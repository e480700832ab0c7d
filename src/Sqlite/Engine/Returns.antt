-- ===== src/Sqlite/Engine/Returns.antt =====
-- Actions that return, with a value or an error: a rule for each way to build an action.
use jobsd.Common.{Bool, true, false, ◌≡◌, ◌≢◌, refl, arith, if◌then◌else◌}
use jobsd.Result.{Error, Result, ok, err, hang}
use jobsd.Action.{Action, pure, lift, continue, ◌>>=◌, refuse_if, logged}
use jobsd.Sqlite.{Tables}
use jobsd.Sqlite.Engine.{Db, exec, query, transaction, tick, answer, finish}

pub record Returns {A : Type 0} (m : Action Db A) : Type 0 where
  pub at : (db : Db) → (m db).0 ≢ hang

module _ {A : Type 0} where
  pub Returns-pure : (a : A) → Returns (pure a)
  Returns-pure a = record { at = λ db e. cc }

  pub Returns-lift : (r : Result A) → r ≢ hang → Returns (lift r)
  Returns-lift r h = record { at = λ db e. h e }

  pub Returns-query : (f : Tables → A) → Returns (query f)
  Returns-query f = record { at = λ db e. ground arith }

  answer_returns : (r : Result (A × Tables)) (db : Db) → r ≢ hang → (answer r db).0 ≢ hang
  answer_returns (ok (a, t)) db h e = cc
  answer_returns (err x) db h e = cc
  answer_returns hang db h e = h refl

  pub Returns-exec :
      (f : Tables → Result (A × Tables)) → ((t : Tables) → f t ≢ hang) → Returns (exec f)
  Returns-exec f h = record {
    at = λ db e. ground (arith, answer_returns (f db.tables) (tick db) (h db.tables));
  }

  finish_returns :
      (before : Tables) (r : Result A) (db : Db) → r ≢ hang → (finish before (r, db)).0 ≢ hang
  finish_returns before (ok a) db h e = ground arith
  finish_returns before (err x) db h e = cc
  finish_returns before hang db h e = h refl

  pub Returns-transaction : (m : Action Db A) → Returns m → Returns (transaction m)
  Returns-transaction m h = record {
    at = λ db e.
        ground (arith, finish_returns db.tables (m (tick db)).0 (m (tick db)).1 (h.at (tick db)));
  }

  pub Returns-if :
      (b : Bool) (m n : Action Db A) → Returns m → Returns n → Returns (if b then m else n)
  Returns-if true m n k l = k
  Returns-if false m n k l = l

module _ {A B : Type 0} where
  continue-Returns :
      (r : Result A) (f : A → Action Db B) (db : Db)
      → r ≢ hang
      → ((a : A) → Returns (f a))
      → (continue r f db).0 ≢ hang
  continue-Returns (ok a) f db h k e = (k a).at db e
  continue-Returns (err x) f db h k e = cc
  continue-Returns hang f db h k e = h refl

  pub Returns-bind :
      (m : Action Db A) (f : A → Action Db B)
      → Returns m
      → ((a : A) → Returns (f a))
      → Returns (m >>= f)
  Returns-bind m f k l = record { at = λ db. continue-Returns (m db).0 f (m db).1 (k.at db) l }

pub Returns-refuse_if : (b : Bool) (e : Error) → Returns (refuse_if b e)
Returns-refuse_if true e = record { at = λ db p. cc }
Returns-refuse_if false e = record { at = λ db p. cc }

-- What is logged and dropped leaves nothing of its error.
pub logged_ok : (m : Action Db Unit) (db : Db) → Returns m → (logged m db).0 ≡ ok tt
logged_ok m db h = go (m db).0 refl
  where
    go : (r : Result Unit) → (m db).0 ≡ r → (logged m db).0 ≡ ok tt
    go (ok u) e = ground arith
    go (err x) e = ground arith
    go hang e = absurd (h.at db e)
┄┄┄┄┄┄┄┄┄┄┄┄┄┄┄┄┄┄┄┄
• _DIRECTIONS_: Every line from the line containing "(b : Bool) (m" through the line containing "f db).0 ≢ hang" in the records above must be retyped exactly. Leave out the rest.

• _RESULT OF THE EXERCISE_:
      (b : Bool) (m n : Action Db A) → Returns m → Returns n → Returns (if b then m else n)
  Returns-if true m n k l = k
  Returns-if false m n k l = l

module _ {A B : Type 0} where
  continue-Returns :
      (r : Result A) (f : A → Action Db B) (db : Db)
      → r ≢ hang
      → ((a : A) → Returns (f a))
      → (continue r f db).0 ≢ hang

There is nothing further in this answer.